# Painting/Coating a new Aluminum Trailer - Mistake, or Not?



## mark_gardner (Mar 18, 2009)

i hate to sound negative but i'd get use to it the way it is, imo powder coating will not last that long as surfaces rubbing each other will allow salt to penetrate then corrosion sets in and there goes your coating  the paint process might be easier and in the end more feasible for you to do seeing as how your a painter....will make touch ups easier for you but will most likely be a continuous maintenance issue that will undoubtly interfere with your fishing schedule  i do like the look of black though and think it would look sharp with your set up


----------



## DuckNut (Apr 3, 2009)

Aluminum is self protecting as long as it is exposed to air. If you paint/powder coat it and there becomes a crack in the covering and salt water gets in the aluminum will corrode.
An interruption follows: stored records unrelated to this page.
-- ===== src/Files/Appending.antt =====
-- What the transaction of `update_file_secret` leaves.
use mathlib.Core.Path.{subst}
use phantom_share.Prelude.{ℕ, ◌+◌, ◌≡◌, refl, sym, true, false, some, ==-self, arith}
use phantom_share.Result.{ok, err, http, >>=-eq-ok, or_raise-bind-eq-ok}
use phantom_share.Sql.{select_one, exists, max_of}
use phantom_share.Sql.Laws.{
  select_one-insert_new, select_one-insert_old, select_one-update_self, exists-select_one,
}
use phantom_share.Schema.{Db, SecretRow, VersionRow, secret_is, user_is, key_of, version_is}
use phantom_share.Permissions.{CurrentUser}
use phantom_share.Crypto.{Primitives}
use phantom_share.Audit.{log_last}
use phantom_share.Audit.Laws.{log_last_keeps}
use phantom_share.Keys.{version_number}
use phantom_share.Versions.Inserts.{Request}
use phantom_share.Files.Form.{FileDraw, Stored, file_version}
use phantom_share.Files.Revise.{
  FileUpdate, check_revision, write_revision, revise, at_version, updated_entry,
}

module _ (prims : Primitives) (id : ℕ) (body : FileUpdate) (drawn : FileDraw) (request : Request)
    (who : CurrentUser) (stored : Stored) where
  abbrev pub next : ℕ
  next = body.expected_version + 1

  abbrev pub next_key : Db → ℕ
  next_key db = max_of (key_of id) version_number db.secret_keys + 1

  -- The row of the secret at the expected version, and at the next one in `db'`; the next version
  -- is the file that was stored, and the versions of `db` are in `db'` as they were.
  pub record Appended (db db' : Db) : Type 0 where
    pub row : SecretRow
    pub found : select_one (secret_is id) db.secrets ≡ some row
    pub expected : row.current_version ≡ body.expected_version
    pub now_at_next : select_one (secret_is id) db'.secrets ≡ some (at_version next request.now row)
    pub stored_there :
        select_one (version_is id next) db'.secret_versions
        ≡ some (
            file_version id next
              (next_key db)
              stored
              body.content_type
              who.id
              body.change_note
              request.now)
    pub kept :
        (j v : ℕ) (old : VersionRow)
        → select_one (version_is j v) db.secret_versions ≡ some old
        → select_one (version_is j v) db'.secret_versions ≡ some old

  check_revision-facts :
      (db : Db) {u : Unit {0}}
      → check_revision prims id body drawn request who stored db ≡ ok u
      → (row : SecretRow) × (select_one (secret_is id) db.secrets ≡ some row)
        × (row.current_version ≡ body.expected_version)
        × (exists (version_is id next) db.secret_versions ≡ false)
  unfolding check_revision
  check_revision-facts db {u} h =
      let (row, found, h1) =
        or_raise-bind-eq-ok (select_one (secret_is id) db.secrets)
          (http 409 "Secret changed during upload") _ {b = u} h in
      (row, found, ground arith, ground arith)

  written-Appended :
      (db : Db) {row : SecretRow}
      → select_one (secret_is id) db.secrets ≡ some row
      → row.current_version ≡ body.expected_version
      → exists (version_is id next) db.secret_versions ≡ false
      → Appended db (write_revision prims id body drawn request who stored db)
  unfolding write_revision
  written-Appended db {row} found same fresh = record {
    row = row;
    found = found;
    expected = same;
    now_at_next =
        select_one-update_self (secret_is id) (at_version next request.now) db.secrets (λ r. refl)
          found;
    stored_there =
        select_one-insert_new (version_is id next)
          (file_version id next (next_key db) stored body.content_type who.id body.change_note
            request.now)
          db.secret_versions fresh (rw (==-self id, ==-self next));
    kept = λ j v old e.
        select_one-insert_old (version_is j v)
          (file_version id next (next_key db) stored body.content_type who.id body.change_note
            request.now)
          db.secret_versions e;
  }

  known_still :
      (db : Db)
      → exists (user_is who.id) db.users ≡ true
      → exists (user_is who.id) (write_revision prims id body drawn request who stored db).users
        ≡ true
  unfolding write_revision
  known_still db h = h

  inet_still :
      (db : Db)
      → db.is_inet request.client_ip ≡ true
      → (write_revision prims id body drawn request who stored db).is_inet request.client_ip ≡ true
  unfolding write_revision
  inet_still db h = h

  Appended-logged :
      (db db1 db' : Db)
      → db' ≡ record db1 { audit_logs = db'.audit_logs }
      → Appended db db1
      → Appended db db'
  Appended-logged db db1 db' e a = subst (Appended db) (sym e) (record {
    row = a.row;
    found = a.found;
    expected = a.expected;
    now_at_next = a.now_at_next;
    stored_there = a.stored_there;
    kept = a.kept;
  })

pub revise-Appended :
    (prims : Primitives) (id : ℕ) (body : FileUpdate) (drawn : FileDraw) (request : Request)
    (who : CurrentUser) (stored : Stored) (db : Db) {db' : Db}
    → exists (user_is who.id) db.users ≡ true
    → db.is_inet request.client_ip ≡ true
    → revise prims id body drawn request who stored db ≡ ok (tt, db')
    → Appended prims id body drawn request who stored db db'
unfolding revise
revise-Appended prims id body drawn request who stored db {db'} known inet h =
    let (u, checked, h1) =
      >>=-eq-ok (check_revision prims id body drawn request who stored db) _ {b = (tt, db')} h in
    let (row, found, same, fresh) =
      check_revision-facts prims id body drawn request who stored db {u = u} checked in
    let a = written-Appended prims id body drawn request who stored db found same fresh in
    let db1 = write_revision prims id body drawn request who stored db in
    let entry = updated_entry id who.id (body.expected_version + 1) request stored.size in
    let written : log_last "info" entry request.now db db1 ≡ db' = cc in
    Appended-logged prims id body drawn request who stored db db1 db'
      (log_last_keeps "info" entry request.now db db1
        (inet_still prims id body drawn request who stored db inet)
        (known_still prims id body drawn request who stored db known)
        (exists-select_one (secret_is id) db1.secrets a.now_at_next) written)
      a

-- Of two updates of a file that expect the same version, the first by a known user whose address the database takes and successful,
-- the second is refused by 409.
revise_twice :
    (prims : Primitives) (id : ℕ) (body other : FileUpdate) (drawn drawn' : FileDraw)
    (request request' : Request) (who who' : CurrentUser) (stored stored' : Stored) (db : Db)
    {db' : Db}
    → exists (user_is who.id) db.users ≡ true
    → db.is_inet request.client_ip ≡ true
    → body.expected_version ≡ other.expected_version
    → revise prims id body drawn request who stored db ≡ ok (tt, db')
    → revise prims id other drawn' request' who' stored' db'
      ≡ err (http 409 "Secret changed during upload")
unfolding revise check_revision
revise_twice prims id body other drawn drawn' request request' who who' stored stored' db {db'}
      known inet same h =
    let a = revise-Appended prims id body drawn request who stored db known inet h in
    rw a.now_at_next (ground arith)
Don't do it.


----------



## paint it black (Nov 3, 2007)

That's what I figured...
Just wanted others opinions.

I guess I'll go ahead and just paint the wheels and maybe fenders and some of the trim on it.


----------



## makin moves (Mar 20, 2010)

your set up looks sick as is get the extras


----------



## SrqFlats (Feb 15, 2010)

You could always get it anodized if you had the money and could find someone that had a big enough tank to put it in.


----------



## cutrunner (Jun 8, 2010)

where i used to work we would have ameritrail trailers come in that were powdercoated. the problem is the stainless steel fastners on the aluminum create electrolysis which in turn bubbles the powdercoat. then it looks like crud. what u need to do is polish then clear coat the whole trailer. i did it on my race boat trailer. it blings like crazy lol the whole boat ramp looks when i launch. and it looks good with black. oh theres a rolling stones song called paint it black lol


----------